Diffusive samplers using triethanolamine. Different types of samplers are used, e.g., Palmes[Citation173] and Ogawa[Citation170]. Samplers are analyzed by IC. The LOD is in the order of 4–8 µg m−3 for 1 day of exposition, with accuracy of 15%. A particle filter can be additionally used to collect the samples. Dynamic range: 0.1–200 µg m−3. This technique is appropriate for long-term measurements.
UV Fluorescence SO2 Analyzer (e.g., Teledyne T100), following the reference method established in EN 14212:2012[Citation174] and ISO 10498: 2004[Citation175]. This monitor has a LOD of 0.4 ppbv and different working ranges from 50 ppbv to 20000 ppbv, with precision of 0.5%. This widely used for indoor and outdoor applications[Citation64] is very accurate and includes temperature and pressure compensation and also adaptive signal filtering to optimize response.

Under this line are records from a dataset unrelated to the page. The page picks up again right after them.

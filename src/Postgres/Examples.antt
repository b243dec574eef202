-- ===== src/Postgres/Examples.antt =====
-- A connection of ffi/postgres.c that makes a query, over a libpq that answers the same.
use linen.Base.{ℕ, suc, ◌≡◌, some, none, List, [], ◌∷◌, pos}
use linen.Calls.{Library, run}
use linen.Calls.Legal.{after_all}
use linen.Postgres.{
  ConnCall, ConnReply, ResultCall, ResultReply, Call, Reply, libpq, error_message, db, user, host,
  port, reset, result_error_message, cmd_tuples, getvalue, fname, on_conn, on_result,
  escape_literal, escape_identifier, notifies, res_status, alloc_sarray,
}
use linen.Postgres.Life.{ConnOp, connects, closes, execs_params, takes_notify, connection}
use linen.Postgres.Life.Results.{Any, reads_value, clears}
use linen.Postgres.Life.Frees.{connection-Releases}

abbrev conn_answer : (c : ConnCall) → ConnReply c
conn_answer error_message = none
conn_answer db = none
conn_answer user = none
conn_answer host = none
conn_answer port = none
conn_answer reset = tt
conn_answer _ = pos 0

abbrev result_answer : (c : ResultCall) → ResultReply c
result_answer result_error_message = none
result_answer cmd_tuples = none
result_answer (getvalue row col) = some (7 ∷ [])
result_answer (fname col) = none
result_answer _ = pos 1

abbrev answer : (c : Call) → Reply c
answer (on_conn p c) = conn_answer c
answer (on_result p c) = result_answer c
answer (escape_literal s) = s
answer (escape_identifier s) = s
answer notifies = record { channel = []; payload = []; be_pid = pos 1 }
answer (res_status n) = none
answer (alloc_sarray n) = []
answer _ = tt

abbrev succeeds : Library libpq ℕ
succeeds = record { makes = λ o c w. (some (answer c), suc w); answers = λ c w. (answer c, suc w) }

abbrev ops : List ConnOp
ops =
    execs_params (1 ∷ []) (some (2 ∷ []) ∷ none ∷ [])
      (reads_value 0 0 ∷ clears ∷ reads_value 0 0 ∷ [])
    ∷ takes_notify
    ∷ closes
    ∷ []

connection-Releases_example :
    after_all libpq Any (run succeeds (connection (connects (3 ∷ [])) ops) 0).1 (some []) ≡ some []
connection-Releases_example = connection-Releases succeeds (connects (3 ∷ [])) ops 0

A new analyzer has been recently developed for in situ detection of SO2. The PITSA (Portable In-siTu Sulfur dioxide Analyzer) prototype is based on non-dispersive ultraviolet (NDUV) spectroscopy. According to some authors[Citation176], it could be a promising alternative to presently used compact and low-cost SO2 monitoring techniques, over which it has a series of advantages, including an inherent calibration, fast response times (< 2 s to reach 90% of the applied concentration), measurement range spanning about 5 orders of magnitude and small, well-known cross sensitivities to other gases. Compactness, cost-efficiency and detection limit (< 1 ppmv, few ppbv under favorable conditions) are comparable to other presently used in-situ instruments.
5.4.2. Hydrogen sulfide (H2S)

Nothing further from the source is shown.